We’re also offering our solution to any health organisations around the world who want to link to or embed the screener in their website or app. It can be customised to the specific needs of our partners, including national guidance, specific phone numbers and links as needed, as well as navigation to appropriate care and test centres within their system.

Collaboration is critical right now, and we are working with a range of partners to support their COVID-19 efforts, by enabling a combination of COVID-19 screening, wider assessment with Ada and customised care navigation. 

techUK: Looking more widely, does the transformation that we're currently seeing point to signs that certain medical interactions will move to digital by default in the post-COVID-19 era?

Novorol: Over the past few years, digital and AI have become a central part of any conversation about health, health management and the effectiveness of care systems overall. 

The pandemic has accelerated this trend, and with health systems across the world under immense pressure, the need for digital health solutions is increasingly real and urgent. We are working closely with a number of health organisations and prospective partners who see the value that digital tools like Ada can bring, both now and in future. 

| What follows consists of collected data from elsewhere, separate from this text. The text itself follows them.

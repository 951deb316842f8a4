-- ===== src/Views/Resolve.antt =====
-- core/internal/flow/flow.go: which view a render names, and what its names are bound to (resolveRenders,
-- atCallSites, keywordArgs, bindingsOf, resolveName).
use sast_engine.Prelude.{
  ℕ, zero, suc, ℤ, pos, negsuc, String, Bool, true, false, not, ◌&&◌, ◌||◌, Option, none, some,
  List, [], ◌∷◌, same, is_some, if◌then◌else◌, ltb, nat_eq, select, gather, contains_text,
  has_suffix, length,
}
use Prim.Native.String.{len, slice, compare, ◌++◌ as join}
use Prim.Native.Nat.{Ordering}
use text.Mathlib.Text.{starts_with}
use sast_engine.Ir.{Loc, Function, Call, Arg, Param}
use sast_engine.CallGraph.{func_by_id}
use sast_engine.Taint.Index.{value_by_id, call_sites_of}
use sast_engine.Views.{Names, no_names, bind, merge, Binding, Render}
use sast_engine.Views.Mapping.{context}

pub record Resolved : Type 0 where
  pub view : String
  pub name : String
  pub function : String
  pub loc : Loc
  pub block : String
  pub bound : Names

unfoldable pub bindings_of : List Binding → Names → Names
bindings_of [] into = into
bindings_of (b ∷ bs) into = bindings_of bs (bind b.name b.value_id into)

-- `sort.Strings`
unfoldable pub insert_text : String → List String → List String
insert_text s [] = s ∷ []
insert_text s (t ∷ ts) =
    let rest = insert_text s ts in elim (compare s t) [ Ordering.gt ↦ t ∷ rest | _ ↦ s ∷ t ∷ ts ]

unfoldable pub sort_texts : List String → List String
sort_texts [] = []
sort_texts (s ∷ ts) = insert_text s (sort_texts ts)

-- `strings.TrimLeft(name, "./")`, on the text's length
unfoldable pub trim_left : ℕ → String → String
trim_left zero name = name
trim_left (suc fuel) name = elim (starts_with name "." || starts_with name "/") [
  | true ↦ trim_left fuel (slice name 1 (len name))
  | false ↦ name
]

unfoldable pub names_view : String → String → Bool
names_view want id = same id want || has_suffix id (join "/" want)

unfoldable pub in_templates : String → Bool
in_templates id = starts_with id "templates/" || contains_text id "/templates/"

-- the only one of some names, or the empty text
unfoldable pub only : List String → String
only [] = ""
only (id ∷ []) = id
only (id ∷ j ∷ ids) = ""

unfoldable pub resolve_name : List String → String → String
resolve_name ids name =
    let want = trim_left (len name) name in
    let hits = select (names_view want) ids in
    if contains_text name ".." || same want ""
    then ""
    else if nat_eq (length hits) 1
    then only hits
    else only (select in_templates hits)

-- a keyword is recorded under a negative position that is above -1000
unfoldable pub is_keyword : ℤ × String → Bool
is_keyword (pos n, written) = false
is_keyword (negsuc n, written) = ltb n 999 && contains_text written "="

unfoldable pub any_keyword : List (ℤ × String) → Bool
any_keyword [] = false
any_keyword (l ∷ ls) = if is_keyword l then true else any_keyword ls

unfoldable pub options_enumerated : List ℤ → Bool
options_enumerated [] = false
options_enumerated (i ∷ is) = elim i [
  | pos n ↦ options_enumerated is
  | negsuc n ↦ if nat_eq n 0 then true else options_enumerated is
]

unfoldable pub named_args : List Function → List Arg → Names → Names
named_args fns [] out = out
named_args fns (a ∷ args) out = named_args fns args (
    if not (same a.name "") && not (same a.value_id "") && is_some (value_by_id fns a.value_id)
    then bind a.name a.value_id out
    else out)

unfoldable pub keyword_args : Call → List Function → Names
keyword_args c fns =
    if not (options_enumerated c.enumerated_options) || not (any_keyword c.arg_literals)
    then no_names
    else named_args fns c.args no_names

-- the index of the first parameter with a name
unfoldable pub index_of_param : List Param → String → Option ℕ
index_of_param [] name = none
index_of_param (p ∷ ps) name =
    let rest = index_of_param ps name in if same p.name name then some p.index else rest

-- `c.ArgLiterals[index]`
unfoldable pub literal_at : List (ℤ × String) → ℕ → Option String
literal_at [] index = none
literal_at ((pos n, written) ∷ ls) index =
    let rest = literal_at ls index in if nat_eq n index then some written else rest
literal_at ((negsuc n, written) ∷ ls) index = literal_at ls index

-- `ix.OwnerOfCall`
unfoldable pub has_call : List Call → String → Bool
has_call [] id = false
has_call (c ∷ cs) id = if same c.id id then true else has_call cs id

unfoldable pub owner_of_call : List Function → String → Option Function
owner_of_call [] id = none
owner_of_call (fn ∷ fns) id = elim (owner_of_call fns id) [
  | some later ↦ some later
  | none ↦ if has_call fn.calls id then some fn else none
]

-- the loop of `atCallSites`, for one call
unfoldable pub at_call_site : List Function → List String → Render → ℕ → Call → List Resolved
at_call_site fns ids r index c = elim (literal_at c.arg_literals index) [
  | none ↦ []
  | some name ↦
      let view = resolve_name ids name in
      let own = bindings_of r.bindings (context fns r) in
      if same name "?" || same name "" || same view "" then [] else elim (owner_of_call fns c.id) [
        | none ↦ []
        | some caller ↦
            record {
              view = view;
              name = name;
              function = caller.id;
              loc = c.loc;
              block = c.block;
              bound = if r.forwards_keywords then merge own (keyword_args c fns) else own;
            }
            ∷ []
      ]
]

unfoldable pub at_call_sites : List Function → List String → Render → List Resolved
at_call_sites fns ids r = elim (func_by_id fns r.function_id) [
  | none ↦ []
  | some fn ↦ elim (index_of_param fn.params r.from_param) [
    | none ↦ []
    | some index ↦ gather (at_call_site fns ids r index) (call_sites_of fns r.function_id)
  ]
]

unfoldable pub resolve_render : List Function → List String → Render → List Resolved
resolve_render fns ids r =
    if not (same r.view "")
    then record {
      view = r.view;
      name = r.name;
      function = r.function_id;
      loc = r.loc;
      block = r.block;
      bound = bindings_of r.bindings (context fns r);
    }
      ∷ []
    else if not (same r.from_param "")
    then at_call_sites fns ids r
    else []

unfoldable pub resolve_renders : List Function → List String → List Render → List Resolved
resolve_renders fns ids renders = gather (resolve_render fns ids) renders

Now is the time for collaboration, and the health and tech industries are truly coming together to combat the pandemic. It’s an important shift, and it’s clear that the effects of the COVID-19 pandemic will have a lasting impact on the healthcare industry as a whole, with digital tools continuing to play an even more critical role. It’s likely that even with some shift back once this time is over, the trajectory of uptake and acceptance of digital health solutions will be altered forever.